» **PROBLEM TO SOLVE**: When a line below holds the string "connected", show that line.

» **Items from a dataset**:
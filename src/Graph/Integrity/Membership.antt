-- ===== src/Graph/Integrity/Membership.antt =====
-- What stands in lists that comprehensions over dicts make.
use community_overview.Base.{
  ℕ, String, ◌≡◌, refl, ap, sym, ◌∙◌, ◌↔◌, Bool, true, Bool-cases, some, Option-cases, inl, inr,
  List, [], ◌∷◌, arith, ◌==◌, string_eq, nat_eq, keep,
}
use mathlib.Core.List.{Memᴰ}
use mathlib.Core.List.Memᴰ
use community_overview.Base.Dict
use community_overview.Base.Dict.{Dict, NodupKeys}
use community_overview.Graph.Models.{Edge}
use community_overview.Graph.Storage.{deref}

-- A value of a dict stands under a key.
module _ {ℓ} {V : Type ℓ} where
  pub values-get :
      (v : V) (d : Dict String V)
      → NodupKeys d
      → Memᴰ v (Dict.values d)
      → (k : String) × (Dict.get k d ≡ some v)
  unfolding Dict.get
  values-get v [] h m = elim m [ ]
  values-get v ((j, w) ∷ d) h (Memᴰ.head e) = (j, ground (arith, e))
  values-get v ((j, w) ∷ d) h (Memᴰ.tail m) =
      let (k, at) = values-get v d h.1 m in (k, ground (arith, at, h.0))

  pub get-values :
      (v : V) (k : String) (d : Dict String V) → Dict.get k d ≡ some v → Memᴰ v (Dict.values d)
  unfolding Dict.get
  get-values v k [] h = cc h
  get-values v k ((j, w) ∷ d) h = elim (Bool-cases (k == j)) [
    | inl same ↦ Memᴰ.head (ground (arith, h, same))
    | inr other ↦ Memᴰ.tail (get-values v k d (ground (arith, h, other)))
  ]

  pub Memᴰ-keep :
      (p : V → Bool) (v : V) (vs : List V) → Memᴰ v (keep p vs) ↔ (Memᴰ v vs × (p v ≡ true))
  Memᴰ-keep p v [] = (λ m. absurd (Memᴰ.not-nil m), λ w. absurd (Memᴰ.not-nil w.0))
  Memᴰ-keep p v (w ∷ vs) =
      let (to, from) = Memᴰ-keep p v vs in
      elim (Bool-cases (p w)) [
        | inl t ↦ rw t (
          λ m. elim (Memᴰ.cases_cons m) [
            | inl e ↦ (Memᴰ.head e, ap p e ∙ t)
            | inr n ↦ (Memᴰ.tail (to n).0, (to n).1)
          ],
          λ c. elim (Memᴰ.cases_cons c.0) [
            | inl e ↦ Memᴰ.head e
            | inr n ↦ Memᴰ.tail (from (n, c.1))
          ],
        )
        | inr t ↦ rw t (
          λ m. (Memᴰ.tail (to m).0, (to m).1),
          λ c. elim (Memᴰ.cases_cons c.0) [
            | inl e ↦ ground (arith, ap p e, t, c.1)
            | inr n ↦ from (n, c.1)
          ],
        )
      ]

pub deref-get :
    (os : Dict ℕ Edge) (e : Edge) (rs : List ℕ)
    → Memᴰ e (deref os rs)
    → (r : ℕ) × Memᴰ r rs × (Dict.get r os ≡ some e)
unfolding deref
deref-get os e [] m = elim m [ ]
deref-get os e (q ∷ rs) m = elim (Option-cases (Dict.get q os)) [
  | inl z ↦ let (r, at, h) = deref-get os e rs (rw (deref, z) at m) in (r, Memᴰ.tail at, h)
  | inr (f, z) ↦ elim (Memᴰ.cases_cons (rw (deref, z) at m)) [
    | inl same ↦ (q, Memᴰ.head refl, z ∙ ap some (sym same))
    | inr later ↦ let (r, at, h) = deref-get os e rs later in (r, Memᴰ.tail at, h)
  ]
]

pub get-deref :
    (os : Dict ℕ Edge) (e : Edge) (r : ℕ) (rs : List ℕ)
    → Memᴰ r rs
    → Dict.get r os ≡ some e
    → Memᴰ e (deref os rs)
unfolding deref
get-deref os e r [] m h = elim m [ ]
get-deref os e r (q ∷ rs) (Memᴰ.head same) h = rw (deref, sym same, h) (Memᴰ.head refl)
get-deref os e r (q ∷ rs) (Memᴰ.tail m) h = elim (Option-cases (Dict.get q os)) [
  | inl z ↦ rw (deref, z) (get-deref os e r rs m h)
  | inr (f, z) ↦ rw (deref, z) (Memᴰ.tail (get-deref os e r rs m h))
]
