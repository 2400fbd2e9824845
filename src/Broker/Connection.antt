-- ===== src/Broker/Connection.antt =====
-- internal/broker/broker.go: the broker with its connection, and `NewConsumer` and `Stop` of
-- internal/broker/consumer.go. Methods run one at a time, as the mutex makes them. A handler works on
-- a state `P`.
use golang_staterpack.Prelude.{
  ℤ, pos, String, Bool, true, false, List, [], ◌∷◌, ◌++◌, Option, none, some, Result, ok, err, Call,
  ◌>>=◌, ◌>>◌, pure, map_result, if◌then◌else◌, leb_ℤ,
}
use mathlib.Core.Option
use golang_staterpack.Errors.{wrap_call, Error, external, from_fault}
use golang_staterpack.Model.{Bytes}
use golang_staterpack.Libraries.Amqp.{Amqp, Context, Message}
use golang_staterpack.Service.Defs.{Publisher}
use golang_staterpack.Broker.Dial.{dial}
use golang_staterpack.Broker.Topology.{declare_topology_on_all}

abbrev pub Handler : Type 0 → Type 0
Handler P = Bytes → Call P Error (Unit {0})

-- `stop_closed` where the channel `stop` is closed.
pub record Consumer (N P : Type 0) : Type 0 where
  pub conn : N
  pub queue : String
  pub handler : Handler P
  pub prefetch : ℤ
  pub stop_closed : Bool
  pub stopped : Bool

pub record ConsumerOptions (P : Type 0) : Type 0 where
  pub queue : String
  pub prefetch : ℤ
  pub handler : Option (Handler P)

-- `pub_ch` is not nil once `New` has returned.
pub record Broker (N H P : Type 0) : Type 0 where
  pub conn : N
  pub exchange : String
  pub prefetch : ℤ
  pub pub_ch : H
  pub consumers : List (Consumer N P)
  pub closed : Bool

pub record Options : Type 0 where
  pub url : String
  pub exchange : String
  pub prefetch : ℤ

-- `close(c.stop)`: none where it panics, since the channel is closed already.
abbrev close_stop : {N P : Type 0} → Consumer N P → Option (Consumer N P)
close_stop c = if c.stop_closed then none else some (record c { stop_closed = true })

-- `Stop`, less the wait for `run` to end.
unfoldable pub stop : {N P : Type 0} → Consumer N P → Option (Consumer N P)
stop c = if c.stopped then some c else close_stop (record c { stopped = true })

-- The loop in `Close`.
unfoldable pub stop_all : {N P : Type 0} → List (Consumer N P) → Option (List (Consumer N P))
unfolding stop
stop_all [] = some []
stop_all (c ∷ cs) = elim (stop c) [ none ↦ none | some d ↦ Option.map (λ ds. d ∷ ds) (stop_all cs) ]

-- The consumer that `NewConsumer` starts.
abbrev pub started : {N H P : Type 0} → Broker N H P → ConsumerOptions P → Handler P → Consumer N P
started b opts handler = record {
  conn = b.conn;
  queue = opts.queue;
  handler = handler;
  prefetch = if leb_ℤ opts.prefetch (pos 0) then b.prefetch else opts.prefetch;
  stop_closed = false;
  stopped = false;
}

-- `NewConsumer`; `run` is in Broker/Sessions.
unfoldable pub new_consumer :
    {N H P : Type 0} → ConsumerOptions P → Call (Broker N H P) Error (Consumer N P)
new_consumer opts b = elim opts.handler [
  | none ↦ (err (external "broker: consumer handler is nil"), b)
  | some handler ↦
      let c = started b opts handler in (ok c, record b { consumers = b.consumers ++ (c ∷ []) })
]

abbrev pub json_message : Bytes → Message
json_message body = record { content_type = "application/json"; body = body }

abbrev answered : Bool → Result Error (Unit {0})
answered ack = if ack then ok tt else err (external "broker: message nacked by broker")

-- What `New` returns.
abbrev pub connected : {N H P : Type 0} → N → H → Options → Broker N H P
connected conn ch opts = record {
  conn = conn;
  exchange = opts.exchange;
  prefetch = opts.prefetch;
  pub_ch = ch;
  consumers = [];
  closed = false;
}

module _ {N H X K : Type 0} (amqp : Amqp N H X K) where
  -- A call that closes the connection where it fails.
  abbrev pub or_close : {A : Type 0} → N → Call K Error A → Call K Error A
  or_close conn m k =
      let (r, k₁) = m k in elim r [ ok a ↦ (ok a, k₁) | err e ↦ (err e, (amqp.close conn k₁).1) ]

  unfoldable pub new : {P : Type 0} → Context K → Options → Call K Error (Broker N H P)
  new ctx opts = do
    conn ← dial amqp ctx opts.url
    or_close conn (declare_topology_on_all amqp conn opts.exchange)
    ch ← or_close conn (wrap_call "broker: open publish channel" (amqp.channel conn))
    or_close conn (wrap_call "broker: enable publisher confirms" (amqp.confirm ch))
    pure (connected conn ch opts)

  module _ {P : Type 0} where
    abbrev send : Broker N H P → String → Bytes → Call K Error (Unit {0})
    send b routing_key body = do
      conf ←
          wrap_call "broker: publish"
            (amqp.publish b.pub_ch b.exchange routing_key (json_message body))
      ack ← wrap_call "broker: await confirm" (amqp.wait conf)
      λ k. (answered ack, k)

    -- `Publish`.
    unfoldable pub publish : Broker N H P → String → Bytes → Call K Error (Unit {0})
    publish b routing_key body k =
        if b.closed then (err (external "broker: closed"), k) else send b routing_key body k

    -- The broker as the service sees it.
    abbrev pub publisher : Publisher (Broker N H P × K)
    publisher = record {
      publish =
          λ routing_key body (b, k). let (r, k') = publish b routing_key body k in (r, (b, k'));
    }

    -- `Close`; none where it panics.
    unfoldable pub close : Broker N H P → K → Option (Result Error (Unit {0}) × Broker N H P × K)
    unfolding stop_all
    close b k = if b.closed then some (ok tt, b, k) else elim (stop_all b.consumers) [
      | none ↦ none
      | some consumers ↦
          let (r, k') = amqp.close b.conn (amqp.close_channel b.pub_ch k).1 in
          some (map_result from_fault r, record b { closed = true; consumers = consumers }, k')
    ]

» **ANSWER BELOW**:
abbrev pub connected : {N H P : Type 0} → N → H → Options → Broker N H P
connected conn ch opts = record {
    pure (connected conn ch opts)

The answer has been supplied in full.